Digging isn't a behavioral issue generally, it's a stimulation issue, they are BORED, exercise them more regularly if you aren't, if you are work them harder. Tired stimulated dogs generally don't dig, Tobi did for a little bit, and we started upping his work, the same with my Husky that i had, he'd get a good 3-4 hours of exercise per day to stave the digging when he's been outside.


----------



## RawFedDogs (Jun 16, 2008)

Other than what Tobi said, there is no way to stop the digging unless you are with the dogs. I suggest keeping the dogs inside when you aren't out with them. All those folk remedies like poop in the holes, mouse traps in the holes, etc just don't work.


----------



## MrTroyHouse (Jun 4, 2011)

Thanks for the advice! We will definitely try to up their activity level.

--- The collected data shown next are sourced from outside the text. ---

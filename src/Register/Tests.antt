-- ===== src/Register/Tests.antt =====
-- A new register that gets two names, on which the theorem of this component is applied.
use tazer.Base.{ℕ, ◌+◌, ◌<◌, ◌≤◌, ◌≡◌, ◌↔◌, List, [], ◌∷◌, arith, refl}
use tazer.Register.Table.{
  Register, new_register, register_file, get_file_register_index, find_first, is_name,
}
use tazer.Register.Agree.{IsRegister, IsFileName, register_all, register_file-IsIndex}

-- Memory whose bytes are all 7.
abbrev start : Register
start = new_register (λ i. 7)

abbrev no_names : ℕ → List ℕ
no_names i = []

abbrev name_a : List ℕ
name_a = 97 ∷ 47 ∷ []

abbrev name_b : List ℕ
name_b = 97 ∷ 48 ∷ []

start-IsRegister : IsRegister start no_names
unfolding new_register
start-IsRegister = record {
  stored = λ i lt. absurd (omega arith);
  short = λ i lt. absurd (omega arith);
  apart = λ i j lt lt' e. absurd (omega arith);
}

name_a-IsFileName : IsFileName name_a
name_a-IsFileName =
    ((λ e. absurd (omega (arith, e)), (λ e. absurd (omega (arith, e)), tt)), omega arith)

name_b-IsFileName : IsFileName name_b
name_b-IsFileName =
    ((λ e. absurd (omega (arith, e)), (λ e. absurd (omega (arith, e)), tt)), omega arith)

start_room : start.available + 1 + 2 ≤ 10000
unfolding new_register
start_room = omega arith

register_file-IsIndex_example :
    (let first : Register × ℕ = register_file start name_a in
      let last : Register × ℕ = register_file (register_all first.0 (name_b ∷ [])) name_b in
      ((first.1 ≡ last.1) ↔ (name_a ≡ name_b))
      × (0 < first.1)
      × (0 < last.1)
      × (get_file_register_index last.0 name_a ≡ first.1)
      × (get_file_register_index last.0 name_b ≡ last.1))
register_file-IsIndex_example =
    register_file-IsIndex start no_names name_a name_b (name_b ∷ []) start-IsRegister
      name_a-IsFileName name_b-IsFileName (name_b-IsFileName, tt) start_room

-- The third registration of two names gets the index of the second.
indices_run :
    (register_file (register_all (register_file start name_a).0 (name_b ∷ [])) name_b).1 ≡ 2
unfolding new_register register_file register_all find_first is_name
indices_run = refl
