-- ===== src/Remote.antt =====
-- The network cache (src/caches/NetworkCache.cpp) with the connections of a file
-- (src/common/ConnectionPool.cpp).
mod Request
mod Server
mod Served
mod Connections
mod Read
mod Conserve
mod Servers
mod Sizes
mod Tests
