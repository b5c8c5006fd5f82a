-- ===== src/Remote/Connections.antt =====
-- The connections of a file: `_mq` of ConnectionPool.cpp. A connection is its number, and stands in
-- the pool once for each of its sockets that no transfer uses.
use tazer.Base.{ℕ, zero, suc, List, [], ◌∷◌, ◌++◌, Option, none, some}

-- The connection at a place, and the others.
abbrev pub take_at : ℕ → ℕ → List ℕ → ℕ × List ℕ
take_at k c [] = (c, [])
take_at zero c (d ∷ q) = (c, d ∷ q)
take_at (suc k) c (d ∷ q) = let r = take_at k d q in (r.0, c ∷ r.1)

-- `popConnection`. Its choice of an entry, by rates and times that are measured, is the argument
-- `best`; a place behind the last entry is the last one.
unfoldable pub pop_connection : (List ℕ → ℕ) → List ℕ → Option (ℕ × List ℕ)
pop_connection best [] = none
pop_connection best (c ∷ q) = some (take_at (best (c ∷ q)) c q)

-- `pushConnection`.
abbrev pub push_connection : List ℕ → ℕ → List ℕ
push_connection q c = q ++ c ∷ []
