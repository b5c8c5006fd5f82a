-- ===== src/Remote/Read.antt =====
-- The task of `readBlock` of NetworkCache.cpp, on the connections of a file that no other transfer
-- uses. A request over a connection is any step of a state, with the data where it succeeded.
use tazer.Base.{ℕ, zero, suc, List, Option, none, some}
use tazer.Remote.Connections.{pop_connection, push_connection}

-- What the task leaves: the state, the connections, and the data where a request succeeded.
pub record Served (S D : Type 0) : Type 0 where
  pub state : S
  pub pool : List ℕ
  pub answer : Option D

module _ {S D : Type 0} (request : S → ℕ → S × Option D) (best : List ℕ → ℕ) where
  -- The loop of the retries with `left` of them, for the connection `sev` in hand; none where it
  -- waits for a connection that nobody gives back.
  unfoldable pub retry_block : ℕ → List ℕ → ℕ → S × Option D → Option (Served S D)
  unfolding pop_connection
  retry_block left q sev (s, some d) =
      some (record { state = s; pool = push_connection q sev; answer = some d })
  retry_block zero q sev (s, none) =
      some (record { state = s; pool = push_connection q sev; answer = none })
  retry_block (suc left) q sev (s, none) = elim (pop_connection best q) [
    | none ↦ none
    | some (c, rest) ↦ retry_block left (push_connection rest sev) c (request s c)
  ]

  -- The task: the first request, ten retries at most, and the connection back into the pool.
  unfoldable pub read_remote : S → List ℕ → Option (Served S D)
  unfolding retry_block pop_connection
  read_remote s q = elim (pop_connection best q) [
    | none ↦ none
    | some (c, rest) ↦ retry_block 10 rest c (request s c)
  ]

We finally finished the puppy shots, so we are going to the dog park tonight.


----------



## Maxy24 (Mar 5, 2011)

If you deal with it now you can probably stop it from becoming too much of a habit. For now I'd never let them out unsupervised and if you need to keep them on a long line. As soon as they start to dig you can redirect them to the sandbox and I'd bet they'll quickly figure it out. Bury toys in the sand box too, it'll make it more fun. Once they've gone a good week without trying to dig anywhere else you are probably safe enough to let them out unsupervised again but I'd still keep an eye on them the first few times to make sure they're still behaving.


----------